## What is being asked
Only the lines below starting at the one that contains "subst (λ hs. Reach s (with_handlers hs)) (append_assoc" and ending at the one that contains "-- cancelled, as" are to be reproduced, exactly and with both ends kept.

--- Provided records Enclosed Below ---

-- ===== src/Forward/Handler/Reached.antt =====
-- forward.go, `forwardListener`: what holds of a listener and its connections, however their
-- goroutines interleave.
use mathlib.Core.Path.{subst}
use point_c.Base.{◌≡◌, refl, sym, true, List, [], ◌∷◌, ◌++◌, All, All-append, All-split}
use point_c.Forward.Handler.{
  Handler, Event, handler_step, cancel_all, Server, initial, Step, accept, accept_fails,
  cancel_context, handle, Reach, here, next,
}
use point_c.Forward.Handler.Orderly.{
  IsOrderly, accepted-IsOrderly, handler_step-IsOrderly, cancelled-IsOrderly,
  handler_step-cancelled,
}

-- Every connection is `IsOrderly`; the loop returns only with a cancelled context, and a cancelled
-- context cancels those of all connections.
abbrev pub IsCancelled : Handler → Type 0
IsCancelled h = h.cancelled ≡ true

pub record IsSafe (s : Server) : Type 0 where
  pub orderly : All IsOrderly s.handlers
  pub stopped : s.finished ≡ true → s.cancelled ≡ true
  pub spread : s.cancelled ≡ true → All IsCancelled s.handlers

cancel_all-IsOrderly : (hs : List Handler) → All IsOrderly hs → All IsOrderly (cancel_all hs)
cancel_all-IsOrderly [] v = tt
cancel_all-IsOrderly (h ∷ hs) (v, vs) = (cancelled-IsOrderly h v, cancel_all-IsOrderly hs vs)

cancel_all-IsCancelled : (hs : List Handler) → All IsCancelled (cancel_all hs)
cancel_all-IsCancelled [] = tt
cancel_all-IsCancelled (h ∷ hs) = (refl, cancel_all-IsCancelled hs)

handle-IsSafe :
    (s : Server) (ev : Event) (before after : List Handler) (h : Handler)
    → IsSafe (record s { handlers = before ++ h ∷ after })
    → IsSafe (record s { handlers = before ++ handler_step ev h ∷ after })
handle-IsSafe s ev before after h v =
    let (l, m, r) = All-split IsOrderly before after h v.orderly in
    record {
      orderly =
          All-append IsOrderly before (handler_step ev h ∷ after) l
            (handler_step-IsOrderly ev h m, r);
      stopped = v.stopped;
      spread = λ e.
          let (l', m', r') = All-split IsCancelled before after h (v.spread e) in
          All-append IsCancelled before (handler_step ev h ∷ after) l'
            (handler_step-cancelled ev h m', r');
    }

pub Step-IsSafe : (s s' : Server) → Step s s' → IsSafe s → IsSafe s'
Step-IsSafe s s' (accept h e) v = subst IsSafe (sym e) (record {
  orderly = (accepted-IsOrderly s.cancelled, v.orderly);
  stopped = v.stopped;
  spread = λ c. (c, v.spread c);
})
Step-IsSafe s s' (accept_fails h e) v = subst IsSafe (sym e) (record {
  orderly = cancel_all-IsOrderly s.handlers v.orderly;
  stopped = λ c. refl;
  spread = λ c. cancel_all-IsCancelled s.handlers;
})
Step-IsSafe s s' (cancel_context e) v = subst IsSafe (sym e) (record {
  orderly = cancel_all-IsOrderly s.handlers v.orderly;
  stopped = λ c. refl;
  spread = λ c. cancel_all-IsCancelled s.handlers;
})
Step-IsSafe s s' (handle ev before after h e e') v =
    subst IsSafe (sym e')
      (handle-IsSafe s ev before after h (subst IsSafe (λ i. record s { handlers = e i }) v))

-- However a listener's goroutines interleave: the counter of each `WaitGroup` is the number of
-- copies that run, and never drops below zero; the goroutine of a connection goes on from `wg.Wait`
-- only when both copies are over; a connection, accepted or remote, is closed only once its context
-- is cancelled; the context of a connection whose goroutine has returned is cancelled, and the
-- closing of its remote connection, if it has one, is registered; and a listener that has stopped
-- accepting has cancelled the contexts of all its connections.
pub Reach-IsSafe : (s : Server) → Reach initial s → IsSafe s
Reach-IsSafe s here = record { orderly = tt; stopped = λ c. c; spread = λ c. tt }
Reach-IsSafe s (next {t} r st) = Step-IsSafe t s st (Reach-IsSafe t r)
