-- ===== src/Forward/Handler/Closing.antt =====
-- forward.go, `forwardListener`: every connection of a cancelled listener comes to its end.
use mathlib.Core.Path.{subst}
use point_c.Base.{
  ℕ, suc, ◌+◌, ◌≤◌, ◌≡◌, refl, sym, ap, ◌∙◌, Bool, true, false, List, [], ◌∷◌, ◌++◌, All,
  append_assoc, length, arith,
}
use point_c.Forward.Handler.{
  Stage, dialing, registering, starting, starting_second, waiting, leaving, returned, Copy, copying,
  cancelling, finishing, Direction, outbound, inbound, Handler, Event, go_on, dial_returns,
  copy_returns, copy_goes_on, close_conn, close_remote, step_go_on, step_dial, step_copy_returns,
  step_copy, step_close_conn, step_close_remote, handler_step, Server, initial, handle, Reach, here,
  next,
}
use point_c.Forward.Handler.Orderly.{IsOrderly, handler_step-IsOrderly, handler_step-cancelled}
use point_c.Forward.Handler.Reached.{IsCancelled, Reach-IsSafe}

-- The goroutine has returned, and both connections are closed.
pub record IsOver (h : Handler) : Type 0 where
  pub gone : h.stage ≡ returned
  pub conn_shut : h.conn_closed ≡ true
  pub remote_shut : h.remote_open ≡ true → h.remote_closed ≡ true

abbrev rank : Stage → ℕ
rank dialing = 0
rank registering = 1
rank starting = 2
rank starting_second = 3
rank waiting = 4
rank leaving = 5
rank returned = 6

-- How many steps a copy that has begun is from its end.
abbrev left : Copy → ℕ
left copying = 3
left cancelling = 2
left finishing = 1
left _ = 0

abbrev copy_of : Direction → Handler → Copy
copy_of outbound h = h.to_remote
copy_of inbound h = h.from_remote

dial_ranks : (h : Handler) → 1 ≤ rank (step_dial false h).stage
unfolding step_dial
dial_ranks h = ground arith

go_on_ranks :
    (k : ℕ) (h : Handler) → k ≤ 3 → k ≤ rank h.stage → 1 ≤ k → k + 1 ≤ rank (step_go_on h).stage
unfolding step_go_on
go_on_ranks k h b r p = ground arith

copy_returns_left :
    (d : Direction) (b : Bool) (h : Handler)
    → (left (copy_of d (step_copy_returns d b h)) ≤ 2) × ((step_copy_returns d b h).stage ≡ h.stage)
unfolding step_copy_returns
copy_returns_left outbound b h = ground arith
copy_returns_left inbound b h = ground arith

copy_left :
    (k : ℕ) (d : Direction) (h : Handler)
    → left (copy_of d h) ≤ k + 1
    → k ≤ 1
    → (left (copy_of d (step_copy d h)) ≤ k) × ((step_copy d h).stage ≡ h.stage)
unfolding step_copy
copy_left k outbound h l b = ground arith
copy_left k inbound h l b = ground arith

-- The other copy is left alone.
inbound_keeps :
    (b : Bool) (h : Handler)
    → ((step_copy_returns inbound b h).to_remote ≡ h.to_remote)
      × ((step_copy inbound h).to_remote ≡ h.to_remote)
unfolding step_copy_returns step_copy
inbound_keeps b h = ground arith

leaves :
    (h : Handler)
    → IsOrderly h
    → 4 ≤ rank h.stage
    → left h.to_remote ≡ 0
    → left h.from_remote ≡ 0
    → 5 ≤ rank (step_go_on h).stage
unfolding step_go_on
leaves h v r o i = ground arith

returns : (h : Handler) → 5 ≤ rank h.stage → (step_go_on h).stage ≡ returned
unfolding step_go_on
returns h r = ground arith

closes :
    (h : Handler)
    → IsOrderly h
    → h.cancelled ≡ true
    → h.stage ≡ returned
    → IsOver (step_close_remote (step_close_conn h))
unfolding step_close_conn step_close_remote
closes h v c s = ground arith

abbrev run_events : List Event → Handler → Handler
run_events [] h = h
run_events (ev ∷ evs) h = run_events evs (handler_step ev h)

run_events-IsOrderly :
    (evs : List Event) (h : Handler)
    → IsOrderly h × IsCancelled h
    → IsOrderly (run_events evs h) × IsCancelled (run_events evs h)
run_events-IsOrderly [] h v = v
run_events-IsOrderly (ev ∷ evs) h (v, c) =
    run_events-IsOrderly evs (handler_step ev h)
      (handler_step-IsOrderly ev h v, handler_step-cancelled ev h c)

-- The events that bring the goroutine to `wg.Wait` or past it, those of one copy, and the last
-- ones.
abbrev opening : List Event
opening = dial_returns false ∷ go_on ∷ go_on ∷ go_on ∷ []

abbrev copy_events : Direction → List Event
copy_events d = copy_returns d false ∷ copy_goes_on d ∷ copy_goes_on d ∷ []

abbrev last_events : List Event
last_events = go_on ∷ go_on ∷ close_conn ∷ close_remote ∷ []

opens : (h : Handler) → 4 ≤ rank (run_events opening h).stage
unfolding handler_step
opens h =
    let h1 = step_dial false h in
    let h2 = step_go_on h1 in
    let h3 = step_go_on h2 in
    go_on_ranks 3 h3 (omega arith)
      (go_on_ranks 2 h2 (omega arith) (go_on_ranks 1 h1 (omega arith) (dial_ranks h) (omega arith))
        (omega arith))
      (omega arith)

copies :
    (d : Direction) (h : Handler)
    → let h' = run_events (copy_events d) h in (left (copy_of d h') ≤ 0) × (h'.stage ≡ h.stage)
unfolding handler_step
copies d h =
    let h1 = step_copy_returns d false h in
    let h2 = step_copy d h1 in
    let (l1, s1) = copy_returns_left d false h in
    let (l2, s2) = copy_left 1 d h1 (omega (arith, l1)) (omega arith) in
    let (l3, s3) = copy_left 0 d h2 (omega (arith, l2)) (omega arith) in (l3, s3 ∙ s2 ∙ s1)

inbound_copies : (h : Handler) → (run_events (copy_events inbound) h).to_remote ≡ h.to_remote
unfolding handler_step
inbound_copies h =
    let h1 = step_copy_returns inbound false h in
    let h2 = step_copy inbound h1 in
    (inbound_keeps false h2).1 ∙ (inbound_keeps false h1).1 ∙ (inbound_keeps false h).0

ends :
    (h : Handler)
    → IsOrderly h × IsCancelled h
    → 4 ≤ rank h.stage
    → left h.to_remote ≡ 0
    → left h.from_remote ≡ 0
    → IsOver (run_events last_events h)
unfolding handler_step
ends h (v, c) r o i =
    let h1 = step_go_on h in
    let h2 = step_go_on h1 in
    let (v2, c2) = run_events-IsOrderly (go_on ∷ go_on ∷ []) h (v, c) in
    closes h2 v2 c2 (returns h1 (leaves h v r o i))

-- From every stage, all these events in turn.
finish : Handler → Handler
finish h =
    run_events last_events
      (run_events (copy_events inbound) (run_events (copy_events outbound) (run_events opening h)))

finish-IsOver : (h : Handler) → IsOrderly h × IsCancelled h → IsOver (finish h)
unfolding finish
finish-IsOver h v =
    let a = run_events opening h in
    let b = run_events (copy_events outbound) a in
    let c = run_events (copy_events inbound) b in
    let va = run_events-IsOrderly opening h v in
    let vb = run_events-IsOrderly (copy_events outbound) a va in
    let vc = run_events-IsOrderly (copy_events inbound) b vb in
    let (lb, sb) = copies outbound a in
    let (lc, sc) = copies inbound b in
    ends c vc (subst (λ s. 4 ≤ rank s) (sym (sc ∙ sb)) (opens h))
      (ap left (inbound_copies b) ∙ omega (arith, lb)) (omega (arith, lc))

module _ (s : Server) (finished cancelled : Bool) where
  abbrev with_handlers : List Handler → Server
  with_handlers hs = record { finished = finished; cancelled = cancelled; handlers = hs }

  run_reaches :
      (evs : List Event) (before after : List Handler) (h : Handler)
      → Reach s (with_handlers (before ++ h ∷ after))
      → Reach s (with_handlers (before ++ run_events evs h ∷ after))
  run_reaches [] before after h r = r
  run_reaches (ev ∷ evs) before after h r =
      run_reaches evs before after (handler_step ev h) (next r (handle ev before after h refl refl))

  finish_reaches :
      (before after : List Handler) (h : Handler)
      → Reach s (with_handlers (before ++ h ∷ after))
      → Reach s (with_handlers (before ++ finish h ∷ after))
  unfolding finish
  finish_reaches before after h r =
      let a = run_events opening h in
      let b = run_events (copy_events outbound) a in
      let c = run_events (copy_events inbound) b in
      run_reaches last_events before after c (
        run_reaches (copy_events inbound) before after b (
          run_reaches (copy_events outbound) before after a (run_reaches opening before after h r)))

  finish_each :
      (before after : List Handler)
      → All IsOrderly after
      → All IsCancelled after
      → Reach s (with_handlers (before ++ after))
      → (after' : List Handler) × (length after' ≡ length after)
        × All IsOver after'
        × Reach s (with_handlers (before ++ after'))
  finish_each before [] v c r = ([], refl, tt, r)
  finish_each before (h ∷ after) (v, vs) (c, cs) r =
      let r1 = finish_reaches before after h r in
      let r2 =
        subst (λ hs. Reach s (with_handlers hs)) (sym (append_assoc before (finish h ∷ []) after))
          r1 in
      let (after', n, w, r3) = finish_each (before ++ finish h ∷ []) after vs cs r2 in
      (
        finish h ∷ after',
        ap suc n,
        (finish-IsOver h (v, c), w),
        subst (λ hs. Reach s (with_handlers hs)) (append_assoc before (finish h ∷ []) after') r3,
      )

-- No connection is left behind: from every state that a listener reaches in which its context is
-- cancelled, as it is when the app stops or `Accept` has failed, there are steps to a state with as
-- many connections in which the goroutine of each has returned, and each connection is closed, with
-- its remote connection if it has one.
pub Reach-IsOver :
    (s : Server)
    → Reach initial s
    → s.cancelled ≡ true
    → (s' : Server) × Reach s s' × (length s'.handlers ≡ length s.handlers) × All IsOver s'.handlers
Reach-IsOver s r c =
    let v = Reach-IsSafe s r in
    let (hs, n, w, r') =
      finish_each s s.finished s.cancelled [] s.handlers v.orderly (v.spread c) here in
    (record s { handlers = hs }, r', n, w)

--- End of Enclosed Provided records ---

## Solved exercise
        subst (λ hs. Reach s (with_handlers hs)) (append_assoc before (finish h ∷ []) after') r3,
      )

-- No connection is left behind: from every state that a listener reaches in which its context is
-- cancelled, as it is when the app stops or `Accept` has failed, there are steps to a state with as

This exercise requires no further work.